Title VII and the ADA prohibit discrimination by an employer against an employee. See Garrett
v. Phillips Mills, Inc., 721 F.2d 979, 980 (4th Cir. 1983) (interpreting Age Discrimination in Employment
Act (“ADEA”), in which the operative language is identical to the operative language in Section
703(a)(1) of Title VII, to mean that an “individual” only has a cause of action under the ADEA if he is an
employee of the defendant); see also Brennan v. Mercedes Benz USA, 388 F.3d 133, 135 (5th Cir. 2004)
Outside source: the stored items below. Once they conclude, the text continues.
-- ===== src/Api/Proof/Found.antt =====
-- The nodes of a built proof, place by place.
use digital_asset_rpc_infras.Base.{
  ℕ, zero, suc, ◌+◌, ◌≤◌, ◌<◌, ◌≡◌, ◌≢◌, ◌⊎◌, inl, inr, refl, subst, ap, sym, ◌∙◌, Bool, true,
  false, some, List, [], ◌∷◌, ◌++◌, String, All, arith, ltb, if◌then◌else◌, map, map_option, length,
  set, get_elem?, replicate,
}
use digital_asset_rpc_infras.Api.Proof.{
  SimpleChangeLog, default_node, is_default, place, make_empty_node, fill, split_last,
}

module _ (enc : List ℕ → String) (empty_node : ℕ → List ℕ) (node : ℕ → List ℕ) where
  -- No row is of the level `l`.
  abbrev pub Lacks : List SimpleChangeLog → ℕ → Type 0
  Lacks rows l = All (λ (r : SimpleChangeLog). r.level ≢ l) rows

  -- A place of the list at level `i`, for the node `ix`: still free, and if no row to come is of its
  -- level then the node is empty; or taken, with the node's hash.
  abbrev Fits : List SimpleChangeLog → ℕ → SimpleChangeLog → ℕ → Type 0
  Fits rows i n ix =
      ((is_default n ≡ true) × (Lacks rows i → node ix ≡ empty_node i))
      ⊎ ((is_default n ≡ false) × (n.hash ≡ node ix))

  abbrev Good : List SimpleChangeLog → ℕ → List SimpleChangeLog → List ℕ → Type 0
  Good rows i [] [] = Unit
  Good rows i (n ∷ ns) (ix ∷ ixs) = Fits rows i n ix × Good rows (i + 1) ns ixs
  Good rows i _ _ = ⊥

  -- A row has the hash of the node that its level stands for.
  abbrev pub IsRight : List ℕ → SimpleChangeLog → Type 0
  IsRight ixs r =
      (ix : ℕ) → get_elem? ixs r.level ≡ some ix → (is_default r ≡ false) × (r.hash ≡ node ix)

  Fits-less :
      (r : SimpleChangeLog) (rows : List SimpleChangeLog) (i : ℕ) (n : SimpleChangeLog) (ix : ℕ)
      → r.level ≢ i
      → Fits (r ∷ rows) i n ix
      → Fits rows i n ix
  Fits-less r rows i n ix ne (inl (d, f)) = inl (d, λ l. f (ne, l))
  Fits-less r rows i n ix ne (inr h) = inr h

  -- A row that is of no level of the list may be dropped.
  Good-less :
      (r : SimpleChangeLog) (rows : List SimpleChangeLog) (i : ℕ) (ns : List SimpleChangeLog)
      (ixs : List ℕ)
      → ((j : ℕ) → i ≤ j → j < i + length ns → r.level ≢ j)
      → Good (r ∷ rows) i ns ixs
      → Good rows i ns ixs
  Good-less r rows i [] [] h g = g
  Good-less r rows i [] (ix ∷ ixs) h g = g
  Good-less r rows i (n ∷ ns) [] h g = g
  Good-less r rows i (n ∷ ns) (ix ∷ ixs) h g = (
    Fits-less r rows i n ix (h i (omega arith) (omega arith)) g.0,
    Good-less r rows (i + 1) ns ixs (λ j le lt. h j (omega arith) (omega arith)) g.1,
  )

  Good-set :
      (r : SimpleChangeLog) (rows : List SimpleChangeLog) (i k : ℕ) (ns : List SimpleChangeLog)
      (ixs : List ℕ)
      → r.level ≡ i + k
      → ((ix : ℕ) → get_elem? ixs k ≡ some ix → (is_default r ≡ false) × (r.hash ≡ node ix))
      → Good (r ∷ rows) i ns ixs
      → Good rows i (set ns k r) ixs
  Good-set r rows i k [] [] e h g = g
  Good-set r rows i k [] (ix ∷ ixs) e h g = g
  Good-set r rows i zero (n ∷ ns) [] e h g = g
  Good-set r rows i (suc k) (n ∷ ns) [] e h g = g
  Good-set r rows i zero (n ∷ ns) (ix ∷ ixs) e h g =
      (inr (h ix refl), Good-less r rows (i + 1) ns ixs (λ j le lt q. absurd (omega arith)) g.1)
  Good-set r rows i (suc k) (n ∷ ns) (ix ∷ ixs) e h g = (
    Fits-less r rows i n ix (λ q. absurd (omega arith)) g.0,
    Good-set r rows (i + 1) k ns ixs (omega arith) h g.1,
  )

  place_one :
      (r : SimpleChangeLog) (rows acc : List SimpleChangeLog) (ixs : List ℕ) (inside : Bool)
      → ltb r.level (length acc) ≡ inside
      → IsRight ixs r
      → Good (r ∷ rows) 0 acc ixs
      → Good rows 0 (if inside then set acc r.level r else acc) ixs
  place_one r rows acc ixs true e h g = Good-set r rows 0 r.level acc ixs (omega arith) h g
  place_one r rows acc ixs false e h g =
      Good-less r rows 0 acc ixs (λ j le lt q. absurd (ground arith)) g

  place-Good :
      (rows acc : List SimpleChangeLog) (ixs : List ℕ)
      → All (IsRight ixs) rows
      → Good rows 0 acc ixs
      → Good [] 0 (place rows acc) ixs
  unfolding place
  place-Good [] acc ixs h g = g
  place-Good (r ∷ rows) acc ixs h g =
      place-Good rows (if ltb r.level (length acc) then set acc r.level r else acc) ixs h.1
        (place_one r rows acc ixs (ltb r.level (length acc)) refl h.0 g)

  fill-Good :
      (tree : List ℕ) (i : ℕ) (ns : List SimpleChangeLog) (ixs : List ℕ)
      → Good [] i ns ixs
      → map (λ (n : SimpleChangeLog). n.hash) (fill enc empty_node tree i ns ixs) ≡ map node ixs
  unfolding fill make_empty_node
  fill-Good tree i [] [] g = refl
  fill-Good tree i [] (ix ∷ ixs) g = elim g [ ]
  fill-Good tree i (n ∷ ns) [] g = elim g [ ]
  fill-Good tree i (n ∷ ns) (ix ∷ ixs) (inl (d, f), g) =
      ap
        (λ b.
          (if b then make_empty_node enc empty_node i ix tree else n).hash
          ∷ map (λ (n : SimpleChangeLog). n.hash) (fill enc empty_node tree (i + 1) ns ixs))
        d
      ∙ ap
          (λ z. z ∷ map (λ (n : SimpleChangeLog). n.hash) (fill enc empty_node tree (i + 1) ns ixs))
          (sym (f tt))
      ∙ ap (λ z. node ix ∷ z) (fill-Good tree (i + 1) ns ixs g)
  fill-Good tree i (n ∷ ns) (ix ∷ ixs) (inr (d, f), g) =
      ap
        (λ b.
          (if b then make_empty_node enc empty_node i ix tree else n).hash
          ∷ map (λ (n : SimpleChangeLog). n.hash) (fill enc empty_node tree (i + 1) ns ixs))
        d
      ∙ ap
          (λ z. z ∷ map (λ (n : SimpleChangeLog). n.hash) (fill enc empty_node tree (i + 1) ns ixs))
          f
      ∙ ap (λ z. node ix ∷ z) (fill-Good tree (i + 1) ns ixs g)

  -- At first every place is free.
  start-Good :
      (rows : List SimpleChangeLog) (i : ℕ) (ixs : List ℕ)
      → ((l ix : ℕ) → get_elem? ixs l ≡ some ix → Lacks rows (i + l) → node ix ≡ empty_node (i + l))
      → Good rows i (replicate (length ixs) default_node) ixs
  start-Good rows i [] h = tt
  start-Good rows i (ix ∷ ixs) h =
      let here : i + 0 ≡ i = omega arith in
      (
        inl (refl, subst (λ z. Lacks rows z → node ix ≡ empty_node z) here (h 0 ix refl)),
        start-Good rows (i + 1) ixs (λ l iy e.
            let next : i + suc l ≡ i + 1 + l = omega arith in
            subst (λ z. Lacks rows z → node iy ≡ empty_node z) next (h (suc l) iy e)),
      )

  nonempty : (hs : List (List ℕ)) (h : List ℕ) → [] ≢ hs ++ h ∷ []
  nonempty [] h e = ground arith
  nonempty (x ∷ hs) h e = ground arith

  cons_nonempty : {a : List ℕ} {l : List (List ℕ)} → a ∷ l ≢ []
  cons_nonempty e = ground arith

  abbrev pub EndsWith : List SimpleChangeLog → List (List ℕ) → List ℕ → Type 0
  EndsWith ns hs h =
      (p : List SimpleChangeLog × SimpleChangeLog) × (split_last enc empty_node ns ≡ some p)
      × (map (λ (n : SimpleChangeLog). n.hash) p.0 ≡ hs)
      × (p.1.hash ≡ h)

  cons-injective : {a b : List ℕ} {as' bs : List (List ℕ)} → a ∷ as' ≡ b ∷ bs → (a ≡ b) × (as' ≡ bs)
  cons-injective e = (cc, cc)

  pub split_last-hashes :
      (ns : List SimpleChangeLog) (hs : List (List ℕ)) (h : List ℕ)
      → map (λ (n : SimpleChangeLog). n.hash) ns ≡ hs ++ h ∷ []
      → EndsWith ns hs h
  unfolding split_last
  split_last-hashes [] hs h e = absurd (nonempty hs h e)
  split_last-hashes (n ∷ []) [] h e = (([], n), refl, refl, (cons-injective e).0)
  split_last-hashes (n ∷ []) (x ∷ hs) h e = absurd (nonempty hs h (cons-injective e).1)
  split_last-hashes (n ∷ m ∷ ns) [] h e = absurd (cons_nonempty (cons-injective e).1)
  split_last-hashes (n ∷ m ∷ ns) (x ∷ hs) h e =
      let (p, s, a, b) = split_last-hashes (m ∷ ns) hs h (cons-injective e).1 in
      (
        (n ∷ p.0, p.1),
        ap (map_option (λ (q : List SimpleChangeLog × SimpleChangeLog). (n ∷ q.0, q.1))) s,
        ap (λ z. n.hash ∷ z) a ∙ ap (λ z. z ∷ hs) (cons-injective e).0,
        b,
      )

  -- Each place of the list ends with the hash of its node.
  pub found :
      (tree : List ℕ) (rows : List SimpleChangeLog) (ixs : List ℕ)
      → All (IsRight ixs) rows
      → ((l ix : ℕ) → get_elem? ixs l ≡ some ix → Lacks rows l → node ix ≡ empty_node l)
      → map
          (λ (n : SimpleChangeLog). n.hash)
          (fill enc empty_node tree 0 (place rows (replicate (length ixs) default_node)) ixs)
        ≡ map node ixs
  found tree rows ixs right rest = fill-Good tree 0 _ ixs (
      place-Good rows _ ixs right (
        start-Good rows 0 ixs (λ l ix e.
          let same : l ≡ 0 + l = omega arith in
          subst (λ z. Lacks rows z → node ix ≡ empty_node z) same (rest l ix e))))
(“[T]he ADA does not provide a cause of action where the plaintiff is not in an employment relationship
with, or an applicant for employment with, the defendant.”). Decided in the context of the National
Labor Relations Act, the Fourth Circuit has specifically held that participants in GIC’s federally-funded
rehabilitative training program are not employees of GIC. Balt. Goodwill Indus. v. NCRB, 134 F.3d 227,
229 (4th Cir. 1998) (per curiam). This Court then specifically extended the Fourth Circuit’s analysis to
cases brought under the ADA. See Ghee v. Goodwill Indus. of Chesapeake, Inc., No. JFM-09-251, 2009
WL 692115, at *1 (D.Md. Mar. 10, 2009) aff’d sub nom. Ghee v. Goodwill Indus., 332 F.App’x 7 (4th
Cir. 2009).
As in Ghee, the Court will not make a distinction between the meaning of “employer” within the
meaning of the National Labor Relations Act and Title VII. See id. To the extent Ms. Phillips argues
GIC exerted sufficient control over her employment such that she can claim employee status under the
test set forth in Garrett, 721 F.2d at 981, that test does not apply in this case. The eleven factors set out in
Garrett were used to determine whether plaintiff could establish sufficient control over his employment
to claim employee status as an independent contractor. Because Ms. Phillips cannot demonstrate an
employment relationship, GIC will be dismissed with prejudice.
For the reasons stated above, Plaintiff’s Motion to Strike (ECF No. 15) is DENIED as MOOT3
and Defendants’ Motion to Dismiss (ECF No. 5) is GRANTED. The Complaint is DISMISSED. GIC is
DISMISSED with prejudice. Despite the informal nature of this memorandum, it shall constitute an
Order of this Court, and the Clerk is directed to docket it accordingly and CLOSE the case.
Very truly yours,
/s/
_______________________
George L. Russell, III
United States District Judge
3
The Court did not rely upon Defendants’ Exhibits B and C to rule on the Motion to Dismiss
and, therefore, need not consider Plaintiff’s Motion to Strike.